Open fonnesbeck opened 7 months ago
👍 Yes, that would be really nice to have. I have a hierarchical model with lots of groups.
@aseyboldt , @fonnesbeck: Is it at all possible that my nutpie
sampling is slowed down, because my trace has to store lots of group-specific random variables? I only need samples of the population parameters.
Can you suggest how to circumvent this problem until var_names
is available as argument?
I agree that this would be nice to have (and it wouldn't be that hard to implement, it only needs some changes in the compile_pymc_model
function. If someone wants to give it a go, I'd be glad to help).
If the model you are looking at is somewhat like the one you posted in the other thread, I'd be surprised if storing the trace is an issue though.
The simplest thing to get it faster is probably to switch to float32 (set the env variable PYTENSOR_FLAGS=floatX=float32
).
You could also give running it on the gpu a go, if the dataset is large that might help a lot.
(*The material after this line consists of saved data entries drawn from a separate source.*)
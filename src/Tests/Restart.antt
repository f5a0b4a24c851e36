-- ===== src/Tests/Restart.antt =====
-- Two targets are taken in, and a service that is started again finds them.
use mathlib.Core.List.{map}
use heyfil.Base.{
  nat_eq, string_eq, String, ◌≡◌, refl, ◌≢◌, Option, none, some, [], ◌∷◌, arith, ℕ_discrete,
}
use heyfil.Base.Dict.{lookup, keys, Dict}
use heyfil.Base.Text.{cut_slash}
use heyfil.Base.Result.{Result, ok, err}
use heyfil.Tests.World.{demo, io, stored_hf, miner, shapeless}
use heyfil.Store.{
  Storage, load_targets, store_recent_pieces, load_recent_pieces, target_path, write_file,
}
use heyfil.Target.{Target, new_target}
use heyfil.HeyFil.{HeyFil}
use heyfil.Store.Names.{Plain}
use heyfil.Service.Persistence.{Reliable, Storable, handle_all}
use heyfil.Service.Restart.{restart, visit_of, forget}
use heyfil.Store.Pieces.{load_recent_pieces-store}
use Prim.Native.String

io-Reliable : Reliable io
io-Reliable = record { writes = λ path. refl; reads = λ path. refl }

abbrev another : Target
another = new_target "f02000"

abbrev first : HeyFil
first = record stored_hf { targets = [] }

abbrev last : HeyFil
last = handle_all io (miner ∷ another ∷ []) first

abbrev again : HeyFil
again = record first { files = last.files }

miner-Plain : Plain "f01000"
miner-Plain = (λ e. cc, omega arith)

another-Plain : Plain "f02000"
another-Plain = (λ e. cc, omega arith)

miner-Storable : Storable io miner
miner-Storable = record { named = miner-Plain; content = "f01000"; encoded = refl; decoded = refl }

another-Storable : Storable io another
another-Storable = record {
  named = another-Plain;
  content = "f02000";
  encoded = refl;
  decoded = refl;
}

configured : ◌≢◌ {A = String} "/data" ""
configured = λ e. cc

restart_example :
    lookup "f01000" (load_targets io (map (visit_of io last) (keys last.targets)) again).targets
    ≡ forget (lookup "f01000" last.targets)
restart_example =
    restart io io-Reliable (miner ∷ another ∷ []) first again "f01000" refl configured
      (miner-Storable, (another-Storable, tt)) refl refl refl

-- A codec that keeps the first piece alone, as its participant, a slash and the piece.
abbrev encode_first : Dict String String → Result String
encode_first [] = err shapeless
encode_first ((k, v) ∷ _) = ok (String.◌++◌ k (String.◌++◌ "/" v))

abbrev decode_first : String × Option String → Result (Dict String String)
decode_first (k, none) = err shapeless
decode_first (k, some v) = ok ((k, v) ∷ [])

abbrev piece_io : Storage
piece_io = record io {
  encode_pieces = encode_first;
  decode_pieces = λ s. decode_first (cut_slash s);
}

abbrev pieces : Dict String String
pieces = ("f01000", "piece1") ∷ []

abbrev piece_hf : HeyFil
piece_hf = (store_recent_pieces piece_io pieces first).1

pieces_stored : (store_recent_pieces piece_io pieces first).0 ≡ none
unfolding store_recent_pieces write_file string_eq
pieces_stored = refl

piece_read : decode_first (cut_slash "f01000/piece1") ≡ ok pieces
unfolding cut_slash ℕ_discrete
piece_read = refl

piece_codec : (s : String) → encode_first pieces ≡ ok s → decode_first (cut_slash s) ≡ ok pieces
piece_codec s e = let same : "f01000/piece1" ≡ s = cc in rw (← same) piece_read

load_recent_pieces-store_example :
    ((load_recent_pieces piece_io (record first { files = piece_hf.files })).recent_pieces
      ≡ piece_hf.recent_pieces)
    × ((id : String)
        → Plain id
        → lookup (target_path piece_io first id) piece_hf.files
          ≡ lookup (target_path piece_io first id) first.files)
load_recent_pieces-store_example =
    load_recent_pieces-store piece_io pieces first (record first { files = piece_hf.files })
      configured pieces_stored piece_codec refl refl refl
And then, I'd double check the parametrization, and make sure your predictors are not too correlated. An easy thing to check to see if that can help is to have a look at the "gradients/draw". If that is large (say > 30 or 15 or so), that means that there is probably quite some room for improvement. This number is pretty much proportional to the runtime if all other things are equal. So if you can get it from 100 to 10, that's a 10x speedup.
Thanks @aseyboldt for the suggestion, that's really helpful. I also looked into compile_pymc_model
but it was essentially just calling functions "compile to numba" or "compile to jax", I am assuming the change would need to be done there, right? One point that is not entirely clear to me is to why we need to exclude variables at "compilation time" I thought we'd still want to sample e.g. group specific random variables, but then exclude them when writing the trace, i.e. exclusion would happen at "runtime"?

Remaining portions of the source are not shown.